[Extracted data — start]

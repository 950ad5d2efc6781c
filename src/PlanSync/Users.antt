-- ===== src/PlanSync/Users.antt =====
-- The marks of the users in a synchronisation: only those of its user change, as an update of an
-- assignment changes them.
use over_vpn.Base.{
  ℕ, List, [], ◌∷◌, any, Option, none, some, Text, text_eq, Result, Bool-cases, inl, inr, Ensures,
  Ensures-bind, Ensures-after,
}
use over_vpn.CoreApply.{UserMark, InboundMark}
use over_vpn.PlanSync.{
  Assignment, Db, SyncError, unique, row_for, inbound_row, bump_user, changed_row,
  mark_assignment_changed, is_superfluous, disable_rest, enable_in, is_current, enable_one,
  enable_wanted, sync_user,
}

module _ (user : Text) (P : List UserMark → Type 0)
    (bump : (us : List UserMark) → P us → P (bump_user user us)) where
  abbrev OfUsers : Db → Type 0
  OfUsers db = P db.marks.users

  changed_row-OfUsers :
      (o : Option InboundMark) (inbound : Text) (db : Db)
      → OfUsers db
      → Ensures OfUsers (changed_row o inbound user db)
  changed_row-OfUsers none inbound db p = tt
  changed_row-OfUsers (some i) inbound db p =
      elim (Bool-cases (any (λ u. text_eq u.id user) db.marks.users)) [
        | inl there ↦ simp there (bump db.marks.users p)
        | inr absent ↦ simp absent tt
      ]

  mark_assignment_changed-OfUsers :
      (inbound : Text) (db : Db)
      → OfUsers db
      → Ensures OfUsers (mark_assignment_changed inbound user db)
  unfolding mark_assignment_changed
  mark_assignment_changed-OfUsers inbound db p =
      changed_row-OfUsers (inbound_row inbound db.marks.inbounds) inbound db p

  disable_rest-OfUsers :
      (now : ℕ) (wanted : List Text) (rows : List Assignment) (db : Db)
      → OfUsers db
      → Ensures OfUsers (disable_rest user now wanted rows db)
  unfolding disable_rest
  disable_rest-OfUsers now wanted [] db p = p
  disable_rest-OfUsers now wanted (a ∷ more) db p =
      elim (Bool-cases (is_superfluous user now wanted a)) [
        | inl drop ↦ simp drop (
            Ensures-bind OfUsers OfUsers _ _ (mark_assignment_changed-OfUsers a.inbound_id _ p)
              (λ after q. disable_rest-OfUsers now wanted more after q))
        | inr keep ↦ simp keep (disable_rest-OfUsers now wanted more db p)
      ]

  module _ (now : ℕ) (credential : InboundMark → Result SyncError Text)
      (fresh_id : Text → Text) where
    enable_in-OfUsers :
        (o : Option InboundMark) (inbound : Text) (current : Option Assignment) (db : Db)
        → OfUsers db
        → Ensures OfUsers (enable_in user now credential fresh_id o inbound current db)
    enable_in-OfUsers none inbound current db p = tt
    enable_in-OfUsers (some i) inbound current db p =
        Ensures-after OfUsers (credential i) _
          (λ secret. mark_assignment_changed-OfUsers inbound _ p)

    enable_one-OfUsers :
        (inbound : Text) (current : Option Assignment) (db : Db)
        → OfUsers db
        → Ensures OfUsers (enable_one user now credential fresh_id inbound current db)
    unfolding enable_one
    enable_one-OfUsers inbound current db p =
        elim (Bool-cases (is_current user now credential fresh_id current)) [
          | inl on ↦ simp on p
          | inr off ↦ simp off (enable_in-OfUsers _ inbound current db p)
        ]

    enable_wanted-OfUsers :
        (ids : List Text) (rows : List Assignment) (db : Db)
        → OfUsers db
        → Ensures OfUsers (enable_wanted user now credential fresh_id ids rows db)
    unfolding enable_wanted
    enable_wanted-OfUsers [] rows db p = p
    enable_wanted-OfUsers (i ∷ is) rows db p =
        Ensures-bind OfUsers OfUsers _ _ (enable_one-OfUsers i (row_for i rows) db p)
          (λ after q. enable_wanted-OfUsers is rows after q)

    -- What each bump of the user keeps, a synchronisation keeps.
    pub sync_user-users :
        (ids : List Text) (db : Db)
        → P db.marks.users
        → Ensures (λ after. P after.marks.users) (sync_user user now credential fresh_id ids db)
    unfolding sync_user
    sync_user-users ids db p =
        Ensures-bind OfUsers OfUsers _ _ (disable_rest-OfUsers now (unique ids) _ db p)
          (λ after q. enable_wanted-OfUsers (unique ids) _ after q)
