-- ===== src/RateLimit.antt =====
-- apps/api/src/subscriptions/subscription-rate-limit.ts: the counters of a window on the Redis
-- server, by address and by token, and the guard in front of the subscriptions. The server runs a
-- script as one step.
pub mod Window
mod Tests
use over_vpn.Base.{
  ℕ, suc, ◌+◌, ◌-◌, ◌*◌, ◌/◌, Bool, true, false, not, ◌&&◌, ◌||◌, List, [], ◌∷◌, ◌++◌, Option, none,
  some, Text, codes, get, put, if◌then◌else◌, ltb, leb, min, max, ◌==◌,
}

-- A counter with the instant at which it expires.
pub record Counter : Type 0 where
  pub count : ℕ
  pub expires : ℕ

-- The counter as the server sees it: an expired one is gone.
unfoldable pub live : ℕ → Option Counter → Option Counter
live now none = none
live now (some c) = if ltb now c.expires then some c else none

-- `INCR`, and `PEXPIRE` for a first hit.
unfoldable pub hit : ℕ → ℕ → Option Counter → Counter
hit now window none = record { count = 1; expires = now + window }
hit now window (some c) = record c { count = c.count + 1 }

pub record Decision : Type 0 where
  pub allowed : Bool
  pub remaining : ℕ
  pub reset_ms : ℕ

-- What the script returns; `tonumber(ARGV[1]) - ip_count` is cut off at 0.
abbrev pub decide : ℕ → ℕ → ℕ → Counter → Counter → Decision
decide now ip_limit token_limit ip token = record {
  allowed = leb ip.count ip_limit && leb token.count token_limit;
  remaining = min (ip_limit - ip.count) (token_limit - token.count);
  reset_ms = max (ip.expires - now) (token.expires - now);
}

abbrev pub counter_at : ℕ → Text → List (Text × Counter) → Option Counter
counter_at now key db = live now (get key db)

-- `SUBSCRIPTION_RATE_LIMIT_SCRIPT`.
unfoldable pub run_script :
    ℕ → ℕ → ℕ → ℕ → Text → Text → List (Text × Counter) → Decision × List (Text × Counter)
run_script now ip_limit token_limit window ip_key token_key db =
    let ip = hit now window (counter_at now ip_key db) in
    let db1 = put ip_key ip db in
    let token = hit now window (counter_at now token_key db1) in
    (decide now ip_limit token_limit ip token, put token_key token db1)

pub record RateLimitResult : Type 0 where
  pub allowed : Bool
  pub limit : ℕ
  pub remaining : ℕ
  pub reset_seconds : ℕ

module _ (sha256 : Text → Text) where
  abbrev pub ip_key_of : Text → Text
  ip_key_of ip = codes "sub-rate:v1:ip:" ++ sha256 ip

  abbrev pub token_key_of : Text → Text
  token_key_of token = codes "sub-rate:v1:token:" ++ sha256 token

  -- `SubscriptionRateLimitStore.consume`; `Math.ceil` of a number of milliseconds.
  unfoldable pub consume :
      ℕ → ℕ → ℕ → ℕ → Text → Text → List (Text × Counter) → RateLimitResult × List (Text × Counter)
  consume now ip_limit token_limit window ip token db =
      let (d, db') =
        run_script now ip_limit token_limit window (ip_key_of ip) (token_key_of token) db in
      (
        record {
          allowed = d.allowed;
          limit = min ip_limit token_limit;
          remaining = d.remaining;
          reset_seconds = max 1 ((d.reset_ms + 999) / 1000);
        },
        db',
      )

  -- The requests of one address, each with its instant and token; how many pass.
  unfoldable pub passed : ℕ → ℕ → ℕ → Text → List (ℕ × Text) → List (Text × Counter) → ℕ
  passed ip_limit token_limit window ip [] db = 0
  passed ip_limit token_limit window ip ((now, token) ∷ rest) db =
      let (r, db') = consume now ip_limit token_limit window ip token db in
      (if r.allowed then 1 else 0) + passed ip_limit token_limit window ip rest db'

-- The headers that every decided request gets; the absolute reset is the clock's business.
pub record Headers : Type 0 where
  pub limit : ℕ
  pub remaining : ℕ
  pub reset_seconds : ℕ

pub data GuardOutcome : Type 0 where
  passes : Headers → GuardOutcome
  rate_limited : (headers : Headers) (retry_after : ℕ) → GuardOutcome
  subscription_unavailable : (retry_after : ℕ) → GuardOutcome

-- `SubscriptionRateLimitGuard.canActivate`; a store that fails gives no result.
abbrev pub can_activate : Option RateLimitResult → GuardOutcome
can_activate none = subscription_unavailable 5
can_activate (some r) =
    let headers : Headers = record {
      limit = r.limit;
      remaining = r.remaining;
      reset_seconds = r.reset_seconds;
    } in
    if r.allowed then passes headers else rate_limited headers r.reset_seconds
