-- ===== src/RateLimit/Window.antt =====
-- How many requests of one address pass in a window.
use over_vpn.Base.{
  ℕ, ◌+◌, ◌-◌, ◌≤◌, ◌<◌, true, false, List, [], ◌∷◌, none, some, Text, text_eq, get, put, get-put,
  text_eq_refl, lt→ltb, ◌≡◌, refl, arith, Bool-cases, inl, inr, All, ap, ◌∙◌,
}
use over_vpn.RateLimit.{
  Counter, live, hit, counter_at, run_script, ip_key_of, token_key_of, consume, passed,
}

module _ (sha256 : Text → Text) (ip_limit token_limit window : ℕ) (ip : Text) where
  keys_differ : (token : Text) → text_eq (token_key_of sha256 token) (ip_key_of sha256 ip) ≡ false
  unfolding text_eq
  keys_differ token = refl

  -- A request leaves the counter of its address with one hit more, and passes only within the
  -- limit.
  consume_hits :
      (now : ℕ) (token : Text) (db : List (Text × Counter))
      → let c = hit now window (counter_at now (ip_key_of sha256 ip) db) in
        let (r, db') = consume sha256 now ip_limit token_limit window ip token db in
        (get (ip_key_of sha256 ip) db' ≡ some c) × (r.allowed ≡ true → c.count ≤ ip_limit)
  unfolding consume run_script
  consume_hits now token db =
      let key = ip_key_of sha256 ip in
      let c = hit now window (counter_at now key db) in
      (
        get-put (token_key_of sha256 token) key _ (put key c db)
            ∙ rw (keys_differ token) (get-put key key c db ∙ rw (text_eq_refl key) refl),
        λ h. ground arith,
      )

  passed_from :
      (c : Counter) (rest : List (ℕ × Text)) (db : List (Text × Counter))
      → get (ip_key_of sha256 ip) db ≡ some c
      → All (λ (now, token). now < c.expires) rest
      → passed sha256 ip_limit token_limit window ip rest db ≤ ip_limit - c.count
  unfolding passed live hit
  passed_from c [] db h soon = omega arith
  passed_from c ((now, token) ∷ rest) db h (early, soon) =
      let db' = (consume sha256 now ip_limit token_limit window ip token db).1 in
      let counted : hit now window (counter_at now (ip_key_of sha256 ip) db)
          ≡ record c { count = c.count + 1 } =
        rw (h, lt→ltb now c.expires early) refl in
      let (kept, within) = consume_hits now token db in
      let later =
        passed_from (record c { count = c.count + 1 }) rest db' (kept ∙ ap some counted) soon in
      elim (Bool-cases (consume sha256 now ip_limit token_limit window ip token db).0.allowed) [
        | inl pass ↦
            let small = within pass in
            rw pass (omega (arith, later, small, ap (λ x. x.count) counted))
        | inr block ↦ rw block (omega (arith, later))
      ]

  -- Of the requests of an address without a counter that follow its first request before the end
  -- of the window, that one included, at most as many pass as the limit of the address.
  pub passed_le_limit :
      (now : ℕ) (token : Text) (rest : List (ℕ × Text)) (db : List (Text × Counter))
      → counter_at now (ip_key_of sha256 ip) db ≡ none
      → All (λ (later, t). later < now + window) rest
      → passed sha256 ip_limit token_limit window ip ((now, token) ∷ rest) db ≤ ip_limit
  unfolding passed hit
  passed_le_limit now token rest db fresh soon =
      let db' = (consume sha256 now ip_limit token_limit window ip token db).1 in
      let first : Counter = record { count = 1; expires = now + window } in
      let counted : hit now window (counter_at now (ip_key_of sha256 ip) db) ≡ first =
        rw fresh refl in
      let (kept, within) = consume_hits now token db in
      let later = passed_from first rest db' (kept ∙ ap some counted) soon in
      elim (Bool-cases (consume sha256 now ip_limit token_limit window ip token db).0.allowed) [
        | inl pass ↦
            let small = within pass in
            rw pass (omega (arith, later, small, ap (λ x. x.count) counted))
        | inr block ↦ rw block (omega (arith, later))
      ]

[Extracted data — finish]

[Aim of the exercise]: Show, from the entries above, every line that includes the string "Type".

[Solution to the exercise]:
module _ (user : Text) (P : List UserMark → Type 0)
  abbrev OfUsers : Db → Type 0
pub record Counter : Type 0 where
pub record Decision : Type 0 where
pub record RateLimitResult : Type 0 where
pub record Headers : Type 0 where
pub data GuardOutcome : Type 0 where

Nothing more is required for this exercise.